Records drawn from a dataset:
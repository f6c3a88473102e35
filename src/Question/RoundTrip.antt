-- ===== src/Question/RoundTrip.antt =====
-- What `put_question` appends, and that `be_question` reads the question back from it.
use Prim.Native.Nat.{bit_and}
use ddns.Prelude.{ℕ, ◌<◌, ◌≤◌, ◌^◌, ◌≡◌, refl, arith, Bool, true, false, some, ◌==◌}
use ddns.Prelude.{List, ◌++◌, append_assoc, length, length-append}
use ddns.Bytes.{ok, be_bytes, length-be_bytes, read_be-be_bytes}
use ddns.Bytes.Standard.{standard}
use ddns.Name.{NameCompression}
use ddns.Name.Text.{IsName}
use ddns.Name.Table.{IsTable, IsTable-append}
use ddns.Name.Pure.{name_bytes, put_name-bytes, name_bytes-NameReads}
use ddns.Question.Defs.{
  QueryType, query_a, query_aaaa, query_cname, query_txt, query_srv, query_ptr, query_e, query_e6,
  query_ee, query_ee6, QueryClass, query_in, query_cs, query_ch, query_hs, query_any, Question,
  query_type_of_u16, query_type_to_u16, query_class_of_u16, query_class_to_u16, class_word,
  question_of, be_question, put_question,
}

abbrev pub type_word : Question → ℕ
type_word q = query_type_to_u16 q.qtype

abbrev pub class_of : Question → ℕ
class_of q = class_word q.prefer_unicast (query_class_to_u16 q.qclass)

-- The bytes of a question behind `n` bytes, and the new table.
unfoldable pub question_bytes : ℕ → Question → NameCompression → List ℕ × NameCompression
question_bytes n q ctx =
    let (bytes, table) = name_bytes n q.name ctx in
    (bytes ++ (be_bytes 2 (type_word q) ++ be_bytes 2 (class_of q)), table)

pub put_question-bytes :
    (buf : List ℕ) (q : Question) (ctx : NameCompression)
    → put_question standard buf q ctx
      ≡ (let (bytes, table) = question_bytes (length buf) q ctx in (buf ++ bytes, table))
unfolding put_question question_bytes
put_question-bytes buf q ctx = rw (put_question, put_name-bytes buf q.name ctx) (simp append_assoc)

type_back :
    (t : QueryType)
    → (query_type_of_u16 (query_type_to_u16 t) ≡ some t) × (query_type_to_u16 t < 256 ^ 2)
unfolding query_type_of_u16 query_type_to_u16
type_back query_a = (refl, omega arith)
type_back query_aaaa = (refl, omega arith)
type_back query_cname = (refl, omega arith)
type_back query_txt = (refl, omega arith)
type_back query_srv = (refl, omega arith)
type_back query_ptr = (refl, omega arith)
type_back query_e = (refl, omega arith)
type_back query_e6 = (refl, omega arith)
type_back query_ee = (refl, omega arith)
type_back query_ee6 = (refl, omega arith)

-- The class and its flag come back from the word.
abbrev ClassBack : Bool → QueryClass → Type 0
ClassBack flag class =
    let word = class_word flag (query_class_to_u16 class) in
    (query_class_of_u16 (bit_and word 0x7fff) ≡ some class)
    × ((bit_and word 0x8000 == 0x8000) ≡ flag)
    × (word < 256 ^ 2)

class_back : (flag : Bool) (class : QueryClass) → ClassBack flag class
unfolding query_class_of_u16 query_class_to_u16
class_back true query_in = (refl, refl, omega arith)
class_back true query_cs = (refl, refl, omega arith)
class_back true query_ch = (refl, refl, omega arith)
class_back true query_hs = (refl, refl, omega arith)
class_back true query_any = (refl, refl, omega arith)
class_back false query_in = (refl, refl, omega arith)
class_back false query_cs = (refl, refl, omega arith)
class_back false query_ch = (refl, refl, omega arith)
class_back false query_hs = (refl, refl, omega arith)
class_back false query_any = (refl, refl, omega arith)

pub question_bytes-IsTable :
    (buf : List ℕ) (q : Question) (ctx : NameCompression)
    → IsName q.name
    → IsTable buf ctx
    → (let (bytes, table) = question_bytes (length buf) q ctx in IsTable (buf ++ bytes) table)
unfolding question_bytes
question_bytes-IsTable buf q ctx named true_of =
    let n = name_bytes-NameReads buf q.name ctx named true_of in
    rw (← append_assoc buf (name_bytes (length buf) q.name ctx).0 _)
      (IsTable-append _ _ n.true_table)

question_of-words :
    (q : Question) (remain : List ℕ)
    → question_of remain q.name (type_word q) (class_of q) ≡ ok (remain, q)
unfolding question_of
question_of-words q remain =
    let (class_reads, flag_reads, _) = class_back q.prefer_unicast q.qclass in
    rw (question_of, (type_back q.qtype).0, class_reads, flag_reads)

pub be_question-bytes :
    (buf : List ℕ) (q : Question) (ctx : NameCompression)
    → IsName q.name
    → IsTable buf ctx
    → (after more : List ℕ)
    → (let (bytes, table) = question_bytes (length buf) q ctx in
        be_question standard (bytes ++ after) (buf ++ (bytes ++ more)) ≡ ok (after, q))
unfolding question_bytes be_question
be_question-bytes buf q ctx named true_of after more =
    let n = name_bytes-NameReads buf q.name ctx named true_of in
    let (_, _, class_fits) = class_back q.prefer_unicast q.qclass in
    simp append_assoc (
      rw (
        n.reads _ _,
        read_be-be_bytes 2 (type_word q) _ (type_back q.qtype).1,
        read_be-be_bytes 2 (class_of q) after class_fits,
        question_of-words q after,
      ))

pub question_bytes_size :
    (buf : List ℕ) (q : Question) (ctx : NameCompression)
    → IsName q.name
    → IsTable buf ctx
    → 5 ≤ length (question_bytes (length buf) q ctx).0
unfolding question_bytes
question_bytes_size buf q ctx named true_of =
    let n = name_bytes-NameReads buf q.name ctx named true_of in
    let words = be_bytes 2 (type_word q) ++ be_bytes 2 (class_of q) in
    omega (
      arith,
      length-append (name_bytes (length buf) q.name ctx).0 words,
      length-append (be_bytes 2 (type_word q)) (be_bytes 2 (class_of q)),
      length-be_bytes 2 (type_word q),
      length-be_bytes 2 (class_of q),
      n.some_bytes,
    )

- [TASK OBJECTIVE] Leave out every line before the one containing "read_be-be_bytes 2 (class_of". Transcribe that line and all lines after it through the end of the data above, exactly.

- [RESULT]
        read_be-be_bytes 2 (class_of q) after class_fits,
        question_of-words q after,
      ))

pub question_bytes_size :
    (buf : List ℕ) (q : Question) (ctx : NameCompression)
    → IsName q.name
    → IsTable buf ctx
    → 5 ≤ length (question_bytes (length buf) q ctx).0
unfolding question_bytes
question_bytes_size buf q ctx named true_of =
    let n = name_bytes-NameReads buf q.name ctx named true_of in
    let words = be_bytes 2 (type_word q) ++ be_bytes 2 (class_of q) in
    omega (
      arith,
      length-append (name_bytes (length buf) q.name ctx).0 words,
      length-append (be_bytes 2 (type_word q)) (be_bytes 2 (class_of q)),
      length-be_bytes 2 (type_word q),
      length-be_bytes 2 (class_of q),
      n.some_bytes,
    )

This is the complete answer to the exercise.